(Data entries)
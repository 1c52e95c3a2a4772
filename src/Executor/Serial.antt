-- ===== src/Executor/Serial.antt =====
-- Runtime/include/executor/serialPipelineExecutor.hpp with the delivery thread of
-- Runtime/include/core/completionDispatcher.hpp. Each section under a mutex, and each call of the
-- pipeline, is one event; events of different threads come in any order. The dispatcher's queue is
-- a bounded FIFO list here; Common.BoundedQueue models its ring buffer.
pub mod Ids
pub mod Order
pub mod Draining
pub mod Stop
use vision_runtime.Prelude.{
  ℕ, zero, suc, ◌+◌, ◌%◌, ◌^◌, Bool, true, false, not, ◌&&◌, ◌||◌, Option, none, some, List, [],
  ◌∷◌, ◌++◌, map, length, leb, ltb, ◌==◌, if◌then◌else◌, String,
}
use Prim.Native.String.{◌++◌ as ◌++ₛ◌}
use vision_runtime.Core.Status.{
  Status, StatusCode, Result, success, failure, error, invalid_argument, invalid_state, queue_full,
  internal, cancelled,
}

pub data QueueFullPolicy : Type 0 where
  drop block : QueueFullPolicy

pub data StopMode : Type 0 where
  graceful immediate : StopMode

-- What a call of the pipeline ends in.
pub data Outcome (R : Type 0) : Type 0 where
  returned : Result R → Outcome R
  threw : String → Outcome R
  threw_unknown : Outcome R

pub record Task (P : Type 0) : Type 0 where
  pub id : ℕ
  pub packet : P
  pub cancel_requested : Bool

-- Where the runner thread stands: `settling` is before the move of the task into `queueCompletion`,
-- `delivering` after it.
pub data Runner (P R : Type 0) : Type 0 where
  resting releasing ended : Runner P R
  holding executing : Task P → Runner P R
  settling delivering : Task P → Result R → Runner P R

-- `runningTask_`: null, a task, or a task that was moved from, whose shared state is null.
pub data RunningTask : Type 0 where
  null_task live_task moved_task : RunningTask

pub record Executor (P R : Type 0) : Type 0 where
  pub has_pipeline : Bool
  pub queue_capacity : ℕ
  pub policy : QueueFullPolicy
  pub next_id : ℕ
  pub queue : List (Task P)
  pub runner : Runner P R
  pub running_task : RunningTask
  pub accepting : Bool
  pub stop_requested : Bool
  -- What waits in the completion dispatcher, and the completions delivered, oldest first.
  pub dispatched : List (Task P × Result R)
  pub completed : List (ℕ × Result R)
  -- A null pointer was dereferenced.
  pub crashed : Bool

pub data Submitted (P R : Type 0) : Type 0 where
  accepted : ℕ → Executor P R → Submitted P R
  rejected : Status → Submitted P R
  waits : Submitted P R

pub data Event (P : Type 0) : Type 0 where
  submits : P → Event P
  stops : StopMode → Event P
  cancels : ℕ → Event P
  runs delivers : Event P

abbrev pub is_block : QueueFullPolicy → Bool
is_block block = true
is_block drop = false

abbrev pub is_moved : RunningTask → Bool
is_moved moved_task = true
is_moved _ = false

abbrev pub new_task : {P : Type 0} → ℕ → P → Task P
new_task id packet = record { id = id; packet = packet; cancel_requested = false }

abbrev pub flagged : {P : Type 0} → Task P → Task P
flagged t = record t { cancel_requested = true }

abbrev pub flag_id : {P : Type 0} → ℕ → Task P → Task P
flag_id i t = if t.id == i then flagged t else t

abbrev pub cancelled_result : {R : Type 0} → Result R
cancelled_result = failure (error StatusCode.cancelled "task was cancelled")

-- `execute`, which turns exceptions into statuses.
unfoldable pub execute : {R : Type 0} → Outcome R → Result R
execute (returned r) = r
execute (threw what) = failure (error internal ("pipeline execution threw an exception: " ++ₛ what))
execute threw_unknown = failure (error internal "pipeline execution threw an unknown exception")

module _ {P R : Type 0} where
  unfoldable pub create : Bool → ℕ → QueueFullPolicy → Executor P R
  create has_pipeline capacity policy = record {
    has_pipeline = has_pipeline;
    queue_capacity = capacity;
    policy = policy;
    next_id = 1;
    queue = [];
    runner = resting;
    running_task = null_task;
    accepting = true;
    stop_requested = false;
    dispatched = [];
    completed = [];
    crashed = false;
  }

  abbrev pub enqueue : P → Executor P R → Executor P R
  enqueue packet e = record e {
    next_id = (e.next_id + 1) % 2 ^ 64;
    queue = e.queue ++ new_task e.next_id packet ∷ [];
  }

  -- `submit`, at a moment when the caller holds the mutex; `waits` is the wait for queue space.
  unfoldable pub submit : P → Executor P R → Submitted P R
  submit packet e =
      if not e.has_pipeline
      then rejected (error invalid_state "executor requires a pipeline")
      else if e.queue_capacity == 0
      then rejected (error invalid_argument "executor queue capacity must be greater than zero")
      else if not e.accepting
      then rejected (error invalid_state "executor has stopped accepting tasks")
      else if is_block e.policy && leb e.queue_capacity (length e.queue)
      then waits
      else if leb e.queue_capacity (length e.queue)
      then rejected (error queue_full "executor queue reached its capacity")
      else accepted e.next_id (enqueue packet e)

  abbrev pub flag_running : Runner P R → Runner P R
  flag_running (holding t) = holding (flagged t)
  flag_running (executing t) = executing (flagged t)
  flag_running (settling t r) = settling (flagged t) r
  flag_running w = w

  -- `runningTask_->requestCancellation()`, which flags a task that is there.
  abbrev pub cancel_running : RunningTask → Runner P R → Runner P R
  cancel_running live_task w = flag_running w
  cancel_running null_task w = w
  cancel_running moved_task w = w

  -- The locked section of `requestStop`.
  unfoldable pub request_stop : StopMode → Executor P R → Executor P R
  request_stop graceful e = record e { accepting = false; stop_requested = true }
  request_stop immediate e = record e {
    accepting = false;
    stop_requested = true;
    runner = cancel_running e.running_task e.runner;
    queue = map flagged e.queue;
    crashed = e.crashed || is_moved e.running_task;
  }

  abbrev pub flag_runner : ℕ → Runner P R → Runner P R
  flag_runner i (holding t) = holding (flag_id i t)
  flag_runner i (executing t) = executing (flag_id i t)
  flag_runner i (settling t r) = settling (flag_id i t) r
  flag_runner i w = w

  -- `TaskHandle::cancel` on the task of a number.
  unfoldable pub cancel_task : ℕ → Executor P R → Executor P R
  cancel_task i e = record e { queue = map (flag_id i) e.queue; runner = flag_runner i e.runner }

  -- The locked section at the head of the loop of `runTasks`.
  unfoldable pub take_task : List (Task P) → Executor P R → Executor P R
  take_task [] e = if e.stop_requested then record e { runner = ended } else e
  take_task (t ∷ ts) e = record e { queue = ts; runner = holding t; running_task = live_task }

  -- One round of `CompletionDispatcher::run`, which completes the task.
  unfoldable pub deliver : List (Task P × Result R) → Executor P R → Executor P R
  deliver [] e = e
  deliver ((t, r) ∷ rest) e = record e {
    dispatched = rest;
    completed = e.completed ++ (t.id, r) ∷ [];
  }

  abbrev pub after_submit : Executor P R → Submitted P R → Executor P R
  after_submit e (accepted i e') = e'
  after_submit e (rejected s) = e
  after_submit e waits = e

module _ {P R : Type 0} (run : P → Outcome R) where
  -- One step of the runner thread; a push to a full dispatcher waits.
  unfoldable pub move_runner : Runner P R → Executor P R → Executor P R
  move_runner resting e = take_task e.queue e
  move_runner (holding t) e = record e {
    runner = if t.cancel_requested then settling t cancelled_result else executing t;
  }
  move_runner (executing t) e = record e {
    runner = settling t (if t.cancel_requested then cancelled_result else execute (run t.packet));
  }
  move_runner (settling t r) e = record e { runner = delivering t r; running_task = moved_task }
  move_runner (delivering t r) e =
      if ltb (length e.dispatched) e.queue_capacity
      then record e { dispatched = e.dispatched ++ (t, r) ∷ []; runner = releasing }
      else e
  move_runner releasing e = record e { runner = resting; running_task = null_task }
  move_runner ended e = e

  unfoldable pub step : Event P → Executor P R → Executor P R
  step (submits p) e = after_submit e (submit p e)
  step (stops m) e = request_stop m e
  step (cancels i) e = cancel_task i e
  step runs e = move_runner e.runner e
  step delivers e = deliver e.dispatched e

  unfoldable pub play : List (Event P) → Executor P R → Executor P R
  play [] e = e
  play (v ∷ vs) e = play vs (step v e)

---

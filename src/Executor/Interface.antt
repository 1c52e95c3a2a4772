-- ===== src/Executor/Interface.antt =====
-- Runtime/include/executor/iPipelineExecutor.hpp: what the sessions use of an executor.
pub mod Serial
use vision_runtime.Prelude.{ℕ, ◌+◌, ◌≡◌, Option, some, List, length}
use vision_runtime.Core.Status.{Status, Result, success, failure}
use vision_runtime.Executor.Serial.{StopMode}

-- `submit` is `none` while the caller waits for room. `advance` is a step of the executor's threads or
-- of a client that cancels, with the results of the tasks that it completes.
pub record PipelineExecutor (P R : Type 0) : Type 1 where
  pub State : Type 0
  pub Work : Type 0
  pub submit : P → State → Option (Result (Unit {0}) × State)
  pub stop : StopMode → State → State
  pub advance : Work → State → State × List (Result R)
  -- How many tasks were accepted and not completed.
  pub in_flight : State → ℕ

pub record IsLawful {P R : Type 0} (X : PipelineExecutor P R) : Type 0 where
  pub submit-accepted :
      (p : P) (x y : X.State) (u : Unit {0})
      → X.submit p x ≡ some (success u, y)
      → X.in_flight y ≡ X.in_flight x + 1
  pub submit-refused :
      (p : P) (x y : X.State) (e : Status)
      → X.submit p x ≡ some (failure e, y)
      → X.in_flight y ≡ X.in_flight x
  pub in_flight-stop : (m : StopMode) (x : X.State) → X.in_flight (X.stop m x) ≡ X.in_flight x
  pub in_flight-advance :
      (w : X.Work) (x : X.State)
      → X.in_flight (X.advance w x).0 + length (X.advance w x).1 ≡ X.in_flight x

→ Task details:
From the records above, copy only the lines starting with the line that holds "pub stop_requested : Bool" and going on through the line that holds "submits : P → Event P", exactly as written.

→ Exercise solution:
  pub stop_requested : Bool
  -- What waits in the completion dispatcher, and the completions delivered, oldest first.
  pub dispatched : List (Task P × Result R)
  pub completed : List (ℕ × Result R)
  -- A null pointer was dereferenced.
  pub crashed : Bool

pub data Submitted (P R : Type 0) : Type 0 where
  accepted : ℕ → Executor P R → Submitted P R
  rejected : Status → Submitted P R
  waits : Submitted P R

pub data Event (P : Type 0) : Type 0 where
  submits : P → Event P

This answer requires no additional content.